Le dentiste ferma les yeux et prit son visage dans ses mains. Il n’avait jamais couché avec Kate. Elle n’aurait jamais voulu. À moins qu’elle n’ait demandé que ça. De toute façon c’était une fille fragile, une fille à problèmes. Il soignait sa clientèle, au propre comme au figuré, et tenait surtout à la garder. Rick soupira, soudain las. Il était cerné de tous les côtés, et maintenant Ruby qui débarquait comme une furie…

— C’est ce sale flic, dit-il enfin : c’est ce sale flic qui t’a mis ces cochonneries dans la tête, n’est-ce pas ?

Un avion passa dans l’azur de la baie vitrée. Ruby baissa la tête.

Elle ne voulait pas voir ça. Son désespoir lui faisait honte. La méfiance et le ressentiment lui jouaient de mauvais tours. Elle guettait le pire : pire, elle le provoquait. Elle se mordait la queue, comme une saloperie de scorpion, elle se piquait avec son propre venin. Son besoin d’être aimée et protégée était trop fort. Le monde l’avait déjà abandonnée, quand elle avait treize ans. Ruby se sentait confuse, écrasée entre deux réalités. Elle n’en croyait aucune. À deux pas de là, Rick attendait un geste d’elle, un geste d’amour… Quelque chose continuait pourtant à lui dire qu’elle avait raison, qu’on allait la trahir, encore une fois. Ruby serra les dents mais ses lèvres tremblaient toutes seules. Ses lèvres allaient la lâcher. Ses lèvres la lâchaient.

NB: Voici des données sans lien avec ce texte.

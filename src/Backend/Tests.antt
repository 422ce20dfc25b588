-- ===== src/Backend/Tests.antt =====
-- Claims of internal/backend/binding_file.go.
use cosmosigner.Prelude.{
  ◌⊎◌, Option, ℕ, zero, suc, ◌≡◌, refl, Bytes, codes, bytes_eq, true, false, none, some, ◌∷◌, ◌++◌,
  length, take, drop, take-length_append, drop-length_append, ok, err,
}
use cosmosigner.Prelude.Int.{ℤ, pos, negsuc}
use cosmosigner.ClusterId
use cosmosigner.Backend.{unclaimed, mismatch, require_claim_owner, require_cluster_binding}
use cosmosigner.Backend.FileBinding.{
  Marker, MarkerCodec, FileBinding, ClaimEnv, read_marker, read_file, read, own_marker, publish,
  claim_after_read, claim,
}
use cosmosigner.Prelude.Assoc.{lookup}
use cosmosigner.Backend.VaultBinding.{
  Kv, absent, value, Moments, VaultKey, ClaimMoments, parse_binding_record, parse_secret,
  look_again, look_for_metadata, look, cluster_binding, claim_record, write_claim, claim_from,
  claim_cluster,
}
use cosmosigner.Backend.VaultClaiming.{vault_claim_binds, settled, vault_claim_writes}
use cosmosigner.Backend.Claiming.{quiet, claim_keeps, claim_binds}

machine : Unit {0}
unfolding bytes_eq ClusterId.validate ClusterId.is_hex require_claim_owner require_cluster_binding
    read_marker read_file read own_marker publish claim_after_read claim
machine = tt

-- A codec: the version's sign and size, the length of the identity, the identity, the key.
abbrev encode_with : ℤ → Bytes → Bytes → Bytes
encode_with (pos n) id key = 0 ∷ n ∷ length id ∷ (id ++ key)
encode_with (negsuc n) id key = 1 ∷ n ∷ length id ∷ (id ++ key)

abbrev marker_of : ℤ → ℕ → Bytes → Option Marker
marker_of v len content =
    some (record { version = v; cluster_id = take len content; public_key = drop len content })

abbrev decode_file : Bytes → Option Marker
decode_file (zero ∷ n ∷ len ∷ content) = marker_of (pos n) len content
decode_file (suc s ∷ n ∷ len ∷ content) = marker_of (negsuc n) len content
decode_file _ = none

abbrev codec : MarkerCodec
codec = record {
  decode = decode_file;
  encode = λ m. encode_with m.version m.cluster_id m.public_key;
}

decode-encode :
    (v : ℤ) (id key : Bytes)
    → decode_file (encode_with v id key)
      ≡ some (record { version = v; cluster_id = id; public_key = key })
decode-encode (pos n) id key = rw (take-length_append id key, drop-length_append id key)
decode-encode (negsuc n) id key = rw (take-length_append id key, drop-length_append id key)

abbrev id_a : Bytes
id_a = codes "00112233-4455-4677-8899-aabbccddeeff"

abbrev id_b : Bytes
id_b = codes "10112233-4455-4677-8899-aabbccddeeff"

abbrev key : FileBinding
key = record { has_path = true; public_key = codes "pk" }

abbrev calm : ClaimEnv
calm = record {
  lock = ok tt;
  precheck = ok tt;
  first_read = quiet;
  prepared = ok tt;
  others = λ d. d;
  link_fails = false;
  cleanup = ok tt;
  second_read = quiet;
  sync_published = ok tt;
  sync_directory = ok tt;
}

abbrev held_by_a : Bytes
held_by_a = encode_with (pos 1) id_a (codes "pk")

writes : claim codec key calm id_a none ≡ (ok tt, some held_by_a)
unfolding machine
writes = refl

-- Another process claims the key between the read and the link.
late_winner :
    claim codec key (record calm { others = λ d. some held_by_a }) id_b none
    ≡ (err mismatch, some held_by_a)
unfolding machine
late_winner = refl

claim_keeps_example : (claim codec key calm id_b (some held_by_a)).1 ≡ some held_by_a
claim_keeps_example = claim_keeps codec key calm id_b held_by_a refl

claim_binds_example :
    (read codec key quiet (claim codec key calm id_a none).1 ≡ ok id_a)
    × (require_cluster_binding (read codec key quiet (claim codec key calm id_a none).1) id_a
        ≡ ok tt)
unfolding machine
claim_binds_example =
    claim_binds codec key calm id_a none (λ m. decode-encode m.version m.cluster_id m.public_key)
      refl

vault_run : Unit {0}
unfolding bytes_eq lookup ClusterId.validate ClusterId.is_hex require_claim_owner
    parse_binding_record parse_secret look_again look_for_metadata look cluster_binding claim_record
    write_claim claim_from claim_cluster
vault_run = tt

abbrev transit : VaultKey
transit = record { mount = codes "transit"; key_name = codes "val" }

abbrev seen : Kv → Moments
seen k = record {
  first = k;
  first_fails = false;
  metadata = k;
  metadata_fails = false;
  second = k;
  second_fails = false;
}

-- The key has no owner before the write, and this claim's record after it.
abbrev first_claim : ClaimMoments
first_claim = record { before = seen absent; after = seen (value (claim_record transit id_a)) }

-- Another replica's claim came first.
lost_race : (claim_cluster transit first_claim id_b).0 ≡ err mismatch
unfolding vault_run
lost_race = refl

vault_claim_binds_example :
    (cluster_binding transit first_claim.before ≡ ok id_a)
    ⊎ ((cluster_binding transit first_claim.before ≡ err unclaimed)
        × (cluster_binding transit first_claim.after ≡ ok id_a))
unfolding vault_run
vault_claim_binds_example = vault_claim_binds transit first_claim id_a refl

vault_claim_writes_example :
    (cluster_binding transit first_claim.before ≡ err unclaimed)
    × (cluster_binding transit (settled (claim_record transit id_a)) ≡ ok id_a)
unfolding vault_run
vault_claim_writes_example =
    vault_claim_writes transit first_claim id_a (claim_record transit id_a) refl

— Prends-moi, murmura-t-elle. Prends-moi dans tes bras…

* * *

Josephina avait passé l’information dans les clubs et les associations du township. Des femmes pour l’essentiel, des bénévoles qui se battaient pour que survivent les rats du navire. Les gamins que cherchait son fils étaient des enfants perdus. Ali aussi aurait pu se retrouver dans cette situation, s’ils n’avaient pas fui les milices qui avaient assassiné son père. Et tous ces enfants qui allaient perdre leur mère à cause du sida, ces orphelins qui bientôt viendraient grossir les rangs des malheureux : si personne ne s’en occupait, qui allait le faire ? Le gouvernement avait bien assez de travail avec la violence dans les villes, le chômage, la méfiance des investisseurs, et cette Coupe du monde dont tout le monde parlait…

Heureusement, Mahimbo, une amie des Églises de Sion, avait fini par la contacter : elle avait vu deux gosses qui répondaient au signalement, dix jours plus tôt, du côté de Lengezi — un gamin filiforme en short vert et un plus petit, avec une chemise kaki et une cicatrice dans le cou. Il y avait une église à Lengezi, en bordure d’un public open space, où l’on tâchait de nourrir les plus déshérités. Le prêtre avait une jeune bonne, Sonia Parker, qui s’occupait de leur préparer une soupe au moins une fois par semaine : elle les croisait peut-être régulièrement… La bonne n’avait pas le téléphone mais elle finissait son service à sept heures, après le dernier office.

Il était sept heures dix.

Le bus l’avait laissée à près d’un kilomètre, mais Josephina arrivait au bout de ses peines. Elle remonta la rue en se fiant aux ombres et devina l’église à la nuit tombante. Le quartier était désert. On préférait regarder la télé en famille, ou chez le voisin s’il l’avait, plutôt que d’errer sans but, au risque de tomber sur un fou furieux sortant d’un shebeen… Un chien sans queue l’escorta, intrigué par la canne qui la soutenait. La vieille femme reprit son souffle sur les marches de l’église, suant à grosses gouttes. Quelques étoiles surnageaient dans un ciel bleu pétrole. Josephina tâta les planches de contreplaqué sous ses pas et hissa son quintal jusqu’à la porte de bois.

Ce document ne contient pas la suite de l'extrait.